Oui, ça froisse mon sens de l'esthétique. 
Et à soixante boules le bracelet, je pense que j'ai le droit d'avoir un sens de l'esthétique.


----------



## Michael003 (1 Avril 2017)

Je savais pas du tout qu'il n'y avait aucun bracelet à attache dorée


----------



## ibabar (6 Avril 2017)

Le docteur a dit:


> Apple ne propose AUCUN bracelet avec attache dorée, excepté celui qu'elle vous vend à la base avec la montre


Je suis comme toi: je trouve ça déplorable et ignoble de coller un clou brillant sur tout autre modèle que l'AW à boîtier acier inox!
Je ne comprends pas qu'une marque qui ait tant le souci du détail ne propose pas de changer ces clous via le Genius (même moyennant financement) ou ne permette pas une commande personnalisée (sans parler des modèles Edition, on est à 6 coloris différents pour les boîtiers!).

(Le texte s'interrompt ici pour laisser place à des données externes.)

-- ===== src/Prt/Examples.antt =====
-- A start of the first channel of src/prt.c with the masks of the Z180.
use zosys.Common.{ℕ, ◌+◌, ◌<◌, ◌≡◌, refl, true, not, ◌&&◌, ◌||◌, none, arith, ◌==◌}
use zosys.Common.Bits.{bit}
use zosys.Common.Int.{pos}
use zosys.Prt.{Masks, Prt, Channel, prt_start_0, prt_start_0_lem, count_of, reload_of}

abbrev masks : Masks
masks = record { tde0 = 1; tde1 = 2; tie0 = 16; tie1 = 32; toc0 = 4; toc1 = 8 }

abbrev stopped : Channel
stopped = record { tmdr_l = 0; tmdr_h = 0; rldr_l = 0; rldr_h = 0 }

abbrev timer : Prt ℕ
timer = record {
  tcr = 0;
  channel_0 = stopped;
  channel_1 = stopped;
  routine_0 = none;
  routine_1 = none;
}

prt_start_0_lem_example :
    let (r, p') = prt_start_0 masks 0x4D2 true timer in
    (r ≡ pos 0)
    × (count_of p'.channel_0 ≡ 0x4D2)
    × (reload_of p'.channel_0 + 1 ≡ 0x4D2)
    × ((j : ℕ)
        → j < 8
        → bit p'.tcr j ≡ ((bit 0 j && not (◌==◌ 0 j)) || ((true && (◌==◌ 4 j)) || (◌==◌ 0 j))))
    × (p'.channel_1 ≡ stopped)
    × (p'.routine_0 ≡ none)
    × (p'.routine_1 ≡ none)
prt_start_0_lem_example =
    prt_start_0_lem masks 0 4 0x4D2 true timer refl refl (omega arith) (omega arith) (omega arith)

Il ne me semble pas non plus que des modèles tiers existent assortis aux boîtiers alu or ou or rose (hormis les milanais ou des aciers à gros maillons grossiers, souvent bling-bling et cheap).

D'autant plus invraisemblable que le "remplaçant" de ton bracelet élastomère marron semble être le bleu nuit: vendu avec le clou or (alu mat) pour la montre complète mais le bracelet seul est équipé d'un clou... inox brillant!









Au niveau esthétique, tu peux éventuellement coupler ton AW or avec un bracelet noir (élastomère ou métal) dont les parties métalliques (clou par exemple) seraient noires et donc coordonnées avec l'écran de l'AW: le bracelet se coordonnant donc avec l'écran et non plus avec le boîtier.

L'autre alternative (pas honnête... ) serait d'acheter un bracelet bleu nuit en accessoires ainsi qu'une AW neuve, d'échanger les bracelets et de te faire rembourser l'AW complète (en gardant donc le bracelet à clou or)...


----------



## Le docteur (6 Avril 2017)

Moi qui ne suit pas pour ce genre de pratique, ce fichage de figure le mériterait pourtant presque.


----------



## Le docteur (4 Mai 2017)

J'ai fini par prendre un bracelet cacao avec clou métal. Pas le choix.
Ca ne se voit pas trop mais ça me gave un peu.


----------



## Dukeducon (7 Mai 2017)

Moi se que je recherche et ne trouve pas c'est un nylon gold/bleu avec la boucle or. Et apple ne veut rien savoir.


----------



## Le docteur (8 Mai 2017)

Ca n'existe pas, comme je l'ai dit. 
Et on me l'a confirmé au téléphone.


----------



## Dukeducon (8 Mai 2017)

Bah oui. Sa n'existe pas. Sauf si lon prend la montre avec.


----------



## John McClane (31 Mai 2017)

Hello, juste un mot pour dire que je suis dans le même cas : j'ai une Apple Watch Sport aluminium doré, et impossible de trouver un bracelet en cuir avec une attache dorée ! C'est trop nul, cette couleur de watch est le parent pauvre de la collection...


----------



## ibabar (1 Juin 2017)

John McClane a dit:


> cette couleur de watch est le parent pauvre de la collection...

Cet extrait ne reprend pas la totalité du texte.